*** Supplied entries

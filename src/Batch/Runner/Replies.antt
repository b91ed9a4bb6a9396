-- ===== src/Batch/Runner/Replies.antt =====
-- How a reply is taken in app/src/batchrunner.cpp, within the call of the dispatcher or later.
use mesh_commander.Prelude.{
  ℕ, ◌<◌, ◌≡◌, refl, ◌∙◌, inl, inr, true, false, List, Option, none, some, length, get_or,
  Bool-cases, arith,
}
use mesh_commander.Batch.Runner.{
  complete_one, find_running, ℤ, on_reply, answered, some, Dispatcher, Option, Reply, BatchRunner,
  no_job, is_running, emit_job_changed, store_reply,
}
use mesh_commander.Batch.Runner.Counts.{find_running_lem}
use mesh_commander.Batch.Runner.Moves.{IsCounted, Moves, Moves-trans, Moves-refl, store-Moves}

-- A call that gives a runner with a property.
abbrev pub Gives : Option BatchRunner → (BatchRunner → Type 0) → Type 0
Gives o P = (t : BatchRunner) × (o ≡ some t) × P t

pub Gives-same :
    {o o' : Option BatchRunner} {P : BatchRunner → Type 0} → o ≡ o' → Gives o' P → Gives o P
Gives-same e (t, given, p) = (t, e ∙ given, p)

pub Gives-map :
    {o : Option BatchRunner} {P Q : BatchRunner → Type 0}
    → Gives o P
    → ((t : BatchRunner) → P t → Q t)
    → Gives o Q
Gives-map (t, given, p) f = (t, given, f t p)

module _ (non_terminal : List ℕ) (dispatcher : Dispatcher) where
  -- `Q` holds after the pump, and where there is none.
  pub complete_one-Moves :
      {Q : BatchRunner → Type 0}
      → (pump : BatchRunner → Option BatchRunner) (reply : Reply) (s : BatchRunner) (o : Option ℕ)
      → IsCounted s
      → ((k : ℕ)
          → o ≡ some k
          → (k < length s.jobs) × (is_running (get_or s.jobs k no_job).status ≡ true))
      → Q s
      → ((u : BatchRunner) → Moves s u → u.running ≡ false → Q u)
      → ((u : BatchRunner) → Moves s u → Gives (pump u) (λ t. Moves u t × Q t))
      → Gives (complete_one non_terminal dispatcher pump reply s o) (λ t. Moves s t × Q t)
  unfolding complete_one store_reply emit_job_changed
  complete_one-Moves pump reply s none c found same stops h = (s, refl, (Moves-refl c, same))
  complete_one-Moves pump reply s (some k) c found same stops h =
      let stored : BatchRunner = store_reply non_terminal k reply s in
      let (l, r) = found k refl in
      let moves : Moves s stored = store-Moves non_terminal k reply s l r c in
      elim (Bool-cases stored.running) [
        | inl b ↦
            let (t, given, then_moves) = h stored moves in
            (t, rw b given, (Moves-trans moves then_moves.0, then_moves.1))
        | inr b ↦ (stored, rw b refl, (moves, stops stored moves b))
      ]

  pub on_reply-Moves :
      {Q : BatchRunner → Type 0}
      → (pump : BatchRunner → Option BatchRunner) (row : ℤ) (reply : Reply) (s : BatchRunner)
      → IsCounted s
      → Q s
      → ((u : BatchRunner) → Moves s u → u.running ≡ false → Q u)
      → ((u : BatchRunner) → Moves s u → Gives (pump u) (λ t. Moves u t × Q t))
      → Gives (on_reply non_terminal dispatcher pump row reply s) (λ t. Moves s t × Q t)
  unfolding on_reply
  on_reply-Moves {Q} pump row reply s c same stops h =
      complete_one-Moves {Q = Q} pump reply s (find_running row 0 s.jobs) c
        (λ k f.
          let (m, at, l, r) = find_running_lem row 0 s.jobs k f in
          let e : k ≡ m = omega (arith, at) in (rw e l, rw e r))
        same stops h

  pub answered-Moves :
      (pump : BatchRunner → Option BatchRunner) (row : ℤ) (o : Option Reply) (s : BatchRunner)
      → IsCounted s
      → ((u : BatchRunner) → Moves s u → Gives (pump u) (Moves u))
      → Gives (answered non_terminal dispatcher pump row o s) (Moves s)
  unfolding answered
  answered-Moves pump row none s c h = (s, refl, Moves-refl c)
  answered-Moves pump row (some reply) s c h =
      Gives-map
        (on_reply-Moves {Q = λ t. Unit {0}} pump row reply s c tt (λ u m stopped. tt)
          (λ u m. Gives-map (h u m) (λ t v. (v, tt))))
        (λ t v. v.0)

******

Exercise aim: For this exercise, gather every line of the data that contains the word "some".

Result for this task:
  ℕ, ◌<◌, ◌≡◌, refl, ◌∙◌, inl, inr, true, false, List, Option, none, some, length, get_or,
  complete_one, find_running, ℤ, on_reply, answered, some, Dispatcher, Option, Reply, BatchRunner,
Gives o P = (t : BatchRunner) × (o ≡ some t) × P t
          → o ≡ some k
  complete_one-Moves pump reply s (some k) c found same stops h =
  answered-Moves pump row (some reply) s c h =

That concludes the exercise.